How should this make me feel? I wondered. Did I want this power? Did I want to be so different from everyone else? I was already different from every other girl in my class because I was adopted. I honestly didn’t believe anyone thought less of me because of that. Once my classmates got over the initial typical questions like whether I knew who my birth parents were, they never mentioned it again. If there was any complaint about me, it was similar to the complaints I had heard from Ginny after her party. I was too conservative, acting too old for my age. Even Uncle Wade had accused me of that.
That was something I could blame on my adoptive parents. All my life, they had made me so self-conscious about anything I had done that could be thought extraordinary, whether describing some of my visions or asking too many questions. I grew up with my parents expecting me to show signs of misbehavior and my mother especially pouncing on the slightest indication. Why shouldn’t I have turned out too conservative for my classmates? How could I overcome that? Go out and do something absolutely forbidden, deliberately get into serious trouble? Would that finally satisfy them?
It wasn’t until nearly dinnertime that I learned anything more about Cassie. Someone, perhaps one of the secretaries in the administrative offices, told Kay Linder’s mother why Cassie had been removed from school and taken off in a police vehicle.
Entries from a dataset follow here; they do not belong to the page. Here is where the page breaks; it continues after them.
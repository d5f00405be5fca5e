-- ===== src/Lexer/Positions.antt =====
-- The positions of lexer.go: where a token says that it starts.
use edifact_parser.Base.{
  Bool, true, false, ◌&&◌, Option, none, some, [], ◌++◌, ◌≡◌, refl, ap, sym, ◌∙◌, append_assoc,
  Bytes, ◌==◌, if_ind,
}
use edifact_parser.Token.{Token, TokenType, data_element, component}
use edifact_parser.Lexer.{
  is_alphanumeric, Lexer, advance, rounds, value_loop, value_token, lex_segment_tag, lex_value,
  lex_element, lex_component, lex_segment_end, scan_token, next_token,
  skip_inter_segment_whitespace,
}
use edifact_parser.Lexer.Stream.{view-le-rounds, view-set_flags}
use edifact_parser.Lexer.Moves.{
  Moves, Moves-refl, Moves-advance, Moves-trans, skip-Takes, tag_loop-TagRead, line_after,
  column_after, line_after-append, column_after-append,
}
use edifact_parser.Lexer.Value.{ValueRead, value_loop-ValueRead}

-- From `l` a token is read: `before` is stepped over, then the token starts, and `body` is its own.
pub record TokenAt (l : Lexer) (r : Token × Lexer) : Type 0 where
  pub before : Bytes
  pub body : Bytes
  pub moves : Moves l r.1 (before ++ body)
  pub line_is : r.0.line ≡ line_after l.line before
  pub column_is : r.0.column ≡ column_after l.column before

Moves-set_flags :
    {l m : Lexer} {taken : Bytes} (a s : Bool)
    → Moves l m taken
    → Moves l (record m { after_segment_end = a; at_segment_start = s }) taken
Moves-set_flags {m} {taken} a s v = record {
  consumed = v.consumed ∙ ap (λ t. taken ++ t) (sym (view-set_flags m a s));
  same_delimiters = v.same_delimiters;
  line_at = v.line_at;
  column_at = v.column_at;
}

-- A token whose position is that of the scanner before it.
here :
    (l : Lexer) (r : Token × Lexer) {body : Bytes}
    → Moves l r.1 body
    → r.0.line ≡ l.line
    → r.0.column ≡ l.column
    → TokenAt l r
here l r {body} v e f = record { before = []; body = body; moves = v; line_is = e; column_is = f }

-- What is stepped over first belongs to no token.
behind :
    {l m : Lexer} {r : Token × Lexer} {skipped : Bytes}
    → Moves l m skipped
    → TokenAt m r
    → TokenAt l r
behind {l} {m} {r} {skipped} v t = record {
  before = skipped ++ t.before;
  body = t.body;
  moves = rw append_assoc (Moves-trans v t.moves);
  line_is =
      t.line_is
      ∙ ap (λ n. line_after n t.before) v.line_at
      ∙ sym (line_after-append l.line skipped t.before);
  column_is =
      t.column_is
      ∙ ap (λ n. column_after n t.before) v.column_at
      ∙ sym (column_after-append l.column skipped t.before);
}

value_token-TokenAt :
    (kind : TokenType) (l : Lexer) (buf : Bytes) (r : Option Bytes × Lexer)
    → ValueRead l buf r
    → TokenAt l (value_token kind l r)
unfolding value_token
value_token-TokenAt kind l buf (none, m) v =
    behind v.moves (here m (value_token kind l (none, m)) (Moves-refl m) refl refl)
value_token-TokenAt kind l buf (some t, m) v =
    here l (value_token kind l (some t, m)) v.moves refl refl

lex_value-TokenAt : (kind : TokenType) (l : Lexer) → TokenAt l (lex_value kind l)
unfolding lex_value
lex_value-TokenAt kind l =
    value_token-TokenAt kind l [] (value_loop (rounds l) l [])
      (value_loop-ValueRead (rounds l) l [] (view-le-rounds l))

module _ (l : Lexer) where
  lex_segment_tag-TokenAt : TokenAt l (lex_segment_tag l)
  unfolding lex_segment_tag
  lex_segment_tag-TokenAt =
      here l (lex_segment_tag l)
        (Moves-set_flags false true
          (tag_loop-TagRead (rounds l) l [] (view-le-rounds l)).takes.moves)
        refl refl

  module _ (live : (l.current == 0) ≡ false) where
    lex_element-TokenAt : TokenAt l (lex_element l)
    unfolding lex_element
    lex_element-TokenAt =
        behind (Moves-set_flags (advance l).after_segment_end false (Moves-advance l live))
          (lex_value-TokenAt data_element (record (advance l) { at_segment_start = false }))

    lex_component-TokenAt : TokenAt l (lex_component l)
    unfolding lex_component
    lex_component-TokenAt = behind (Moves-advance l live) (lex_value-TokenAt component (advance l))

    lex_segment_end-TokenAt : TokenAt l (lex_segment_end l)
    unfolding lex_segment_end
    lex_segment_end-TokenAt =
        here l (lex_segment_end l) (Moves-set_flags true true (Moves-advance l live)) refl refl

  scan_token-TokenAt : TokenAt l (scan_token l)
  unfolding scan_token
  scan_token-TokenAt =
      if_ind (TokenAt l) (l.current == 0) (λ _. here l _ (Moves-refl l) refl refl)
        λ live.
          if_ind (TokenAt l) (l.after_segment_end && is_alphanumeric l.current)
            (λ _. lex_segment_tag-TokenAt)
            λ _.
              if_ind (TokenAt l) (l.current == l.delimiters.segment_terminator)
                (λ _. lex_segment_end-TokenAt live)
                λ _.
                  if_ind (TokenAt l) (l.current == l.delimiters.data_element_separator)
                    (λ _. lex_element-TokenAt live)
                    λ _.
                      if_ind (TokenAt l) (l.current == l.delimiters.component_separator)
                        (λ _. lex_component-TokenAt live)
                        λ _.
                          if_ind (TokenAt l) (l.at_segment_start && is_alphanumeric l.current)
                            (λ _. lex_segment_tag-TokenAt) λ _. here l _ (Moves-refl l) refl refl

-- Every call of `NextToken` steps over a prefix of the bytes that remain. The line and column of
-- the scanner afterwards are those of the end of that prefix, and the line and column of its
-- token are those of a place inside it, counted from the scanner's position before the call.
pub next_token-TokenAt : (l : Lexer) → TokenAt l (next_token l)
unfolding next_token
next_token-TokenAt l =
    if_ind (λ m. TokenAt l (scan_token m)) l.after_segment_end
      (λ _. behind (skip-Takes l).moves (scan_token-TokenAt (skip_inter_segment_whitespace l)))
      (λ _. scan_token-TokenAt l)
Probably nanoseconds after Kay learned about it from her mother, she was on the phone or texting the other girls. Ginny wanted to be the first to tell me. There was a note of remorse in her voice. Like most everyone else, she had condemned Cassie too quickly, too eagerly, and now felt guilty about it.
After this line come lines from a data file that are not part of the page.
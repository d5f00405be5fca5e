-- ===== src/Lexer/Lexeme.antt =====
-- `NextToken` of lexer.go as a function of the bytes that remain and two flags: no lookahead, no
-- reader, no fuel.
use edifact_parser.Base.{
  Bool, true, false, ◌&&◌, Option, none, some, [], ◌∷◌, Bytes, take_while, drop_while, ◌==◌,
  if◌then◌else◌,
}
use edifact_parser.Delimiters.{Delimiters}
use edifact_parser.Token.{
  TokenType, segment_tag, data_element, component, segment_end, end_of_input, error,
}
use edifact_parser.Lexer.{is_alphanumeric, is_whitespace}
use edifact_parser.Lexer.Value.{scan}

pub record Lexeme : Type 0 where
  pub kind : TokenType
  pub text : Bytes
  pub rest : Bytes
  pub after_segment_end : Bool
  pub at_segment_start : Bool

unfoldable pub value_lexeme : TokenType → Bool → Bool → Option Bytes × Bytes → Lexeme
value_lexeme kind after start (none, rest) = record {
  kind = error;
  text = [];
  rest = rest;
  after_segment_end = after;
  at_segment_start = start;
}
value_lexeme kind after start (some t, rest) = record {
  kind = kind;
  text = t;
  rest = rest;
  after_segment_end = after;
  at_segment_start = start;
}

abbrev pub tag_lexeme : Bytes → Lexeme
tag_lexeme bs = record {
  kind = segment_tag;
  text = take_while is_alphanumeric bs;
  rest = drop_while is_alphanumeric bs;
  after_segment_end = false;
  at_segment_start = true;
}

unfoldable pub head_lexeme : Delimiters → Bool → Bool → Bytes → Lexeme
unfolding value_lexeme
head_lexeme d after start [] = record {
  kind = end_of_input;
  text = [];
  rest = [];
  after_segment_end = after;
  at_segment_start = start;
}
head_lexeme d after start (c ∷ cs) =
    if after && is_alphanumeric c
    then tag_lexeme (c ∷ cs)
    else if c == d.segment_terminator
    then record {
      kind = segment_end;
      text = c ∷ [];
      rest = cs;
      after_segment_end = true;
      at_segment_start = true;
    }
    else if c == d.data_element_separator
    then value_lexeme data_element after false (scan d cs)
    else if c == d.component_separator
    then value_lexeme component after start (scan d cs)
    else if start && is_alphanumeric c
    then tag_lexeme (c ∷ cs)
    else record {
      kind = error;
      text = [];
      rest = c ∷ cs;
      after_segment_end = after;
      at_segment_start = start;
    }

unfoldable pub lexeme : Delimiters → Bool → Bool → Bytes → Lexeme
unfolding head_lexeme
lexeme d after start bs =
    head_lexeme d after start (if after then drop_while is_whitespace bs else bs)

abbrev pub is_error : TokenType → Bool
is_error error = true
is_error _ = false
“Cassie has been sexually abused by her own father! Did you know about it?” she asked me after she rattled off the headline.
“She didn’t tell me, if that’s what you mean.”
“Yeah, but you seemed to know more. When I said there was something weird about her, you said there had to be reasons.”
“People can be shy, but Cassie was more than just shy,” I said.
“One of these days, you’re going to have to tell me why you’re so much wiser than the rest of us. The truth is, everyone thinks there’s a lot more mystery to you than you reveal. Did you have different parents before the Healys?”
“Only my biological ones, whom I have ne
ver met,” I said.
“Did something really dramatic happen to you at your old school? Is that why your parents transferred you to ours?”
“I’m not a veteran of anything that would give me more insight into someone being sexually abused by her own father, Ginny. Nothing like that happened to me.”
“Sorry, but we’re trying to find out how Mrs. Mills found out about it. Kay’s mother didn’t know.”
“Maybe she was just doing her job well. If anyone should have the ability to spot something like this, it would be Mrs. Mills, don’t you think?”
“Maybe,” she said, but not with much confidence.
“What’s the difference, anyway? Who cares how Mrs. Mills realized it? The main thing is that Cassie’s been saved.”
“As much as anyone can be after all that. She’s going to be in some special therapy. She won’t be at our school anymore. Maybe they’ll find her mother, and her mother will take her back. I wish I would have known. I would have . . .”
“What?”
“I don’t know. Done something. Let’s try to forget about it,” she added quickly. “It gives me the chills. Her father looks like a cross between a frog and a snake. Thinking about him makes me want to vomit up lunch. I hope they . . .”
“Burn him at the stake?”
“What? Yeah. Something like that. Stop talking about him.”
I laughed. “I’m not. You are.”
“Concentrate on the weekend and the party at Jason’s. Start working on your parents. Say we’re all going to a movie and for pizza.”
“What movie?”
“Oh. Wait a minute. Let me look on the Internet,” she said, and after a minute came back. “Ruby, the one about the Cajun girl who’s a twin. I actually want to see that. I have the novel. I’ll give it to you so you’ll know something about the story.” She paused. “You’re not too good at lying about stuff, are you?”